The Mediterranean diet is one of the healthiest and most delicious diets. We could even say it’s not a diet but a lifestyle. It’s pretty easy to follow its rules because it’s based on olive oil, veggies, and whole grains, and it reminds us of a long sunny summer day of a vacation in Italy or Greece, and enjoying fresh local products.

Of the 5 blue zones, places known for their exceptional longevity (100+ years), two are located in the Mediterranean. One is Sardinia, and the other is Ikaria. We are pretty sure that the Mediterranean diet has a big influence on this.

Based on olive oil, fresh vegetables, fruit, fish, seafood, whole grains, and meat consumed less frequently, this way of eating is often linked to the longer and healthier lives of people living in Mediterranean regions. Some studies found connections between longevity and this way of eating, and in this article, we’ll explore different ways of the Mediterranean diet supporting overall health. Read it to find out why these nutrient-rich foods should become part of your everyday eating routine.

Is the Mediterranean diet really responsible for a longer lifespan?

As mentioned earlier, the Mediterranean diet is based on fruits, vegetables, whole grains, olive oil, fish, and seafood. Red meat and sweets are consumed only occasionally or not at all, and that’s why the Mediterranean diet is similar to an anti-inflammatory diet.

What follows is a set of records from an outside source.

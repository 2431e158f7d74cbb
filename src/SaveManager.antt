-- ===== src/SaveManager.antt =====
-- save_manager.c: backups of saves, as files of the storage.
--
-- A name is its characters before the terminating zero. What is printed is left out, and so are the
-- bytes of `backup_buf` between calls, since each call writes the buffer before it uses it, and the
-- table `slots`, which only `save_manager_init` touches.
mod Clones
mod Tests
use asm_os.Prelude.{
  ℕ, zero, suc, ◌+◌, ◌%◌, Bool, true, false, not, Option, none, some, List, [], ◌∷◌, take, ◌-◌, ◌*◌,
  length, ◌==◌, if◌then◌else◌,
}
use asm_os.Prelude.Words.{u8, u32}
use asm_os.Storage.{Device, Fs, plat_fs_read, plat_fs_write}

abbrev pub save_name_len : ℕ
save_name_len = 32

abbrev pub backup_bytes : ℕ
backup_bytes = 4 * 1024

pub record Saves : Type 0 where
  pub backup_name : List ℕ
  pub backup_size : ℕ
  pub backup_version : ℕ

pub save_manager_init : Saves → Saves
save_manager_init s = record s { backup_name = []; backup_size = 0; backup_version = 0 }

pub copy_str : List ℕ → ℕ → List ℕ
copy_str src max_len = take (max_len - 1) src

-- The loop that fills the buffer from its place `i` on, for the next `n` bytes.
pub pattern : ℕ → ℕ → List ℕ
pattern zero i = []
pattern (suc n) i = i % 256 ∷ pattern n (i + 1)

-- The file of a slot.
pub slot_name : ℕ → List ℕ
slot_name slot = b'S' ∷ b'L' ∷ b'O' ∷ b'T' ∷ u8 (b'0' + slot) ∷ b'.' ∷ b'S' ∷ b'A' ∷ b'V' ∷ []

-- The name that `save_manager_restore` reads.
pub source_of : Option (List ℕ) → Saves → List ℕ
source_of none s = s.backup_name
source_of (some []) s = s.backup_name
source_of (some (c ∷ cs)) s = c ∷ cs

module _ (D : Device) where
  -- The results of these functions are true for 0.
  pub save_manager_backup : Option (List ℕ) → Saves → Fs D → Bool × Saves × Fs D
  save_manager_backup none s fs = (false, s, fs)
  save_manager_backup (some []) s fs = (false, s, fs)
  save_manager_backup (some (c ∷ cs)) s fs =
      let s' : Saves = record {
        backup_name = copy_str (c ∷ cs) save_name_len;
        backup_size = backup_bytes;
        backup_version = u32 (s.backup_version + 1);
      } in
      let r = plat_fs_write D s'.backup_name (pattern backup_bytes 0) fs in (r.0, s', r.1)

  pub save_manager_restore : Option (List ℕ) → Saves → Fs D → Bool × Saves × Fs D
  save_manager_restore from s fs = elim (source_of from s) [
    | [] ↦ (false, s, fs)
    | c ∷ cs ↦
        let r = plat_fs_read D (c ∷ cs) backup_bytes fs in
        elim r.0 [
          | none ↦ (false, s, r.1)
          | some bytes ↦ (
            true,
            record s { backup_size = length bytes; backup_name = copy_str (c ∷ cs) save_name_len },
            r.1,
          )
        ]
  ]

  pub save_manager_clone : ℕ → ℕ → Saves → Fs D → Bool × Saves × Fs D
  save_manager_clone dest src s fs =
      let r = plat_fs_read D (slot_name src) backup_bytes fs in
      elim r.0 [
        | none ↦ (false, s, r.1)
        | some bytes ↦ let w = plat_fs_write D (slot_name dest) bytes r.1 in (w.0, s, w.1)
      ]

  pub save_manager_rollback : ℕ → Saves → Fs D → Bool × Saves × Fs D
  save_manager_rollback version_index s fs =
      if not (version_index == 1) then (false, s, fs) else (elim s.backup_name [
        | [] ↦ (false, s, fs)
        | c ∷ cs ↦ save_manager_restore (some s.backup_name) s fs
      ])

This eating pattern, typical of countries like Greece, Italy, and Spain, has been associated with a wide range of health benefits for a long time. Some of them are at a lower risk of chronic diseases such as heart disease, diabetes, and certain types of cancer.

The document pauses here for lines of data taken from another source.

-- ===== src/Storage/Names.antt =====
-- The 8.3 names of platform/x86/hal_storage.c.
use asm_os.Prelude.{
  ℕ, zero, suc, ◌≢◌, ◌++◌, false, ◌-◌, ◌≤◌, ◌≡◌, refl, inl, inr, List, [], ◌∷◌, map, arith, ◌==◌,
  Bool-cases, length, replicate, length-append, length-replicate, true, ap, Option-cases,
}
use asm_os.Storage.{
  Device, Fs, ensure_ready, fat_find_entry, choose_slot, plat_fs_read, plat_fs_write, upper,
  take_base, skip_dot, take_ext, pad, fat_normalize,
}

upper-upper : (c : ℕ) → upper (upper c) ≡ upper c
unfolding upper
upper-upper c = ground arith

upper-dot : (c : ℕ) → (upper c == b'.') ≡ (c == b'.')
unfolding upper
upper-dot c = ground arith

take_ext-upper : (room : ℕ) (s : List ℕ) → take_ext room (map upper s) ≡ take_ext room s
unfolding take_ext
take_ext-upper zero s = refl
take_ext-upper (suc room) [] = refl
take_ext-upper (suc room) (c ∷ s) = rw (upper-upper c, take_ext-upper room s)

skip_dot-upper : (s : List ℕ) → skip_dot (map upper s) ≡ map upper (skip_dot s)
unfolding skip_dot
skip_dot-upper [] = refl
skip_dot-upper (c ∷ s) = elim (Bool-cases (c == b'.')) [
  | inl dot ↦ rw (upper-dot c, dot)
  | inr other ↦ rw (upper-dot c, other)
]

length-take_base : (room : ℕ) (s : List ℕ) → length (take_base room s).0 ≤ room
unfolding take_base
length-take_base zero s = omega arith
length-take_base (suc room) [] = omega arith
length-take_base (suc room) (c ∷ s) = ground (arith, length-take_base room s)

length-take_ext : (room : ℕ) (s : List ℕ) → length (take_ext room s) ≤ room
unfolding take_ext
length-take_ext zero s = omega arith
length-take_ext (suc room) [] = omega arith
length-take_ext (suc room) (c ∷ s) = omega (arith, length-take_ext room s)

length-pad : (width : ℕ) (s : List ℕ) → length s ≤ width → length (pad width s) ≡ width
unfolding pad
length-pad width s h = omega (
  arith,
  length-append s (replicate (width - length s) 0x20),
  length-replicate {A = ℕ} (width - length s) 0x20,
)

-- A normalised name has eleven characters, and does not depend on the case of the file's name.
pub fat_normalize_lem :
    (s : List ℕ) → (length (fat_normalize s) ≡ 11) × (fat_normalize (map upper s) ≡ fat_normalize s)
unfolding fat_normalize take_base
fat_normalize_lem s =
    let base = (take_base 0 s).0 in
    let ext = take_ext 3 (skip_dot (take_base 0 s).1) in
    let size = length-append (pad 8 base) (pad 3 ext) in
    (
      omega (
        arith,
        size,
        length-pad 8 base (omega (arith, length-take_base 0 s)),
        length-pad 3 ext (length-take_ext 3 (skip_dot (take_base 0 s).1)),
      ),
      rw (skip_dot-upper s, take_ext-upper 3 (skip_dot s)) refl,
    )

-- The base of a name is lost: for a name of three characters or more that does not start with a
-- point, the normalised name is eight spaces and the first three characters in upper case, so all
-- names that agree in these characters are the same file.
pub fat_normalize-base_lost :
    (a b c : ℕ) (s : List ℕ)
    → a ≢ b'.'
    → fat_normalize (a ∷ b ∷ c ∷ s) ≡ replicate 8 b' ' ++ (upper a ∷ upper b ∷ upper c ∷ [])
unfolding fat_normalize take_base skip_dot take_ext pad
fat_normalize-base_lost a b c s h =
    let other : (a == b'.') ≡ false = ground (arith, h) in rw other refl

module _ (D : Device) (name name' : List ℕ) (same : fat_normalize name ≡ fat_normalize name')
    (fs : Fs D) (ready : fs.ready ≡ true) where
  -- A loaded file system takes a name only in its normal form, for reading and for writing.
  pub plat_fs_read-fat_normalize :
      (buf_size : ℕ) → plat_fs_read D name buf_size fs ≡ plat_fs_read D name' buf_size fs
  unfolding plat_fs_read
  plat_fs_read-fat_normalize buf_size =
      let find = ap (λ n. fat_find_entry n fs.root) same in simp ready (rw find refl)

  pub plat_fs_write-fat_normalize :
      (src : List ℕ) → plat_fs_write D name src fs ≡ plat_fs_write D name' src fs
  unfolding plat_fs_write
  plat_fs_write-fat_normalize src =
      let choose = ap (λ n. choose_slot D n fs.root) same in simp ready (rw choose refl)

-- Reading changes nothing in a loaded file system.
pub plat_fs_read_keeps :
    (D : Device) (name : List ℕ) (buf_size : ℕ) (fs : Fs D)
    → fs.ready ≡ true
    → (plat_fs_read D name buf_size fs).1 ≡ fs
unfolding plat_fs_read
plat_fs_read_keeps D name buf_size fs ready =
    let opened : (ensure_ready D fs).1 ≡ fs = simp ready refl in
    elim (Option-cases (fat_find_entry (fat_normalize name) fs.root)) [
      | inl missing ↦ simp ready (rw missing opened)
      | inr found ↦ simp ready (rw (found.1) opened)
    ]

Research suggests that following a Mediterranean-style diet may significantly contribute to a longer lifespan. One large study that included data from 130 countries found a positive link between adherence to the Mediterranean diet and increased life expectancy, as well as a longer period of life spent free from serious not only physical, but also mental illnesses.

The main beneficial components of the Mediterranean diet are antioxidants, phytochemicals, and omega-3 fatty acids. All of them are important for improving overall health and boosting your immune system.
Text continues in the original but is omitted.